**Data under study:**

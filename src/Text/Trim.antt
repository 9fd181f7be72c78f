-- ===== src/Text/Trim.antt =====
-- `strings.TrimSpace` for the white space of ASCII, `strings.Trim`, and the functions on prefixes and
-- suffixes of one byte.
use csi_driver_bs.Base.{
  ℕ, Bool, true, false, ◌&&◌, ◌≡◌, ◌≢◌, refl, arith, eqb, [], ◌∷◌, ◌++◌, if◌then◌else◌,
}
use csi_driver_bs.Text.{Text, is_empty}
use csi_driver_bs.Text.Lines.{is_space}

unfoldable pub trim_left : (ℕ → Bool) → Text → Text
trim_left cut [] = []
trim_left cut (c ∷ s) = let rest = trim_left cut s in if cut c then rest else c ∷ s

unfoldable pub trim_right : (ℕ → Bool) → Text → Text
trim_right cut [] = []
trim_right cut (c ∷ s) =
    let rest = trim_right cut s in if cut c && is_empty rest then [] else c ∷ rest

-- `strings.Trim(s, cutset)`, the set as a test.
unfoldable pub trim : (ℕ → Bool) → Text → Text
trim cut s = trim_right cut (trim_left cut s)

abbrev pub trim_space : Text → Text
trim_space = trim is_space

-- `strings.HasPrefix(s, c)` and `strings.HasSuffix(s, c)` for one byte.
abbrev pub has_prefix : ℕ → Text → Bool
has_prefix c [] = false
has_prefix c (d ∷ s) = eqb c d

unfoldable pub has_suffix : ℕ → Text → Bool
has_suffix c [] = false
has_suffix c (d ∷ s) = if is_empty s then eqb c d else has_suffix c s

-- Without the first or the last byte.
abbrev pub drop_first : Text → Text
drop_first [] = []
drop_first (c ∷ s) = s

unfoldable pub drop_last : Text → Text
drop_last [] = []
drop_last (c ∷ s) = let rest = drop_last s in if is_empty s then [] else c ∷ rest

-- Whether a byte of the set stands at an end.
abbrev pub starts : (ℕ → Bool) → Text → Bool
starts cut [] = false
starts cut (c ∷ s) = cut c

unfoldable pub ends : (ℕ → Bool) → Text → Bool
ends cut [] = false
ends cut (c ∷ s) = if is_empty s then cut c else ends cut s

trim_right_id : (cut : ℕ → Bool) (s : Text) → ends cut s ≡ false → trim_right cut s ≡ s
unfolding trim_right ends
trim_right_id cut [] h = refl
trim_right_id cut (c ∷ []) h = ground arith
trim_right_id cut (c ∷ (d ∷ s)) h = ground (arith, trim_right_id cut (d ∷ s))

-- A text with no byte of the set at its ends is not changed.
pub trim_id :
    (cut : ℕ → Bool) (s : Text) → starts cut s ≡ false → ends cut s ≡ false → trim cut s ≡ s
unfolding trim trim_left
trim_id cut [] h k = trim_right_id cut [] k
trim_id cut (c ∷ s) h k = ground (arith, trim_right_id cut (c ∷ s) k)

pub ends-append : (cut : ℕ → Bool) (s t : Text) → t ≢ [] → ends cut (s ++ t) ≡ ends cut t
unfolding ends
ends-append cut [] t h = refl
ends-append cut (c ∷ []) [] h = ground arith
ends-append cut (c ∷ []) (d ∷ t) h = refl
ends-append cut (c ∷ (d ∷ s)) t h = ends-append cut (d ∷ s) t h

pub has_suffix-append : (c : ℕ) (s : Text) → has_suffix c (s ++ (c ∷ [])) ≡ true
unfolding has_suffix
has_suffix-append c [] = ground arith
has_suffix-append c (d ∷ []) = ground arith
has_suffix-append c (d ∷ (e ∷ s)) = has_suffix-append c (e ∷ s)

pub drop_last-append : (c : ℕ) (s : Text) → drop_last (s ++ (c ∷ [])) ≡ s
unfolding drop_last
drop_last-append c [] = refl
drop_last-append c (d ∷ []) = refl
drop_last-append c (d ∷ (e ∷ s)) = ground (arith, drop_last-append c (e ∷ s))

**Problem to solve:**
Determine how many lines in the listing above hold the string "else", then write only the number.

**Exercise output:**
6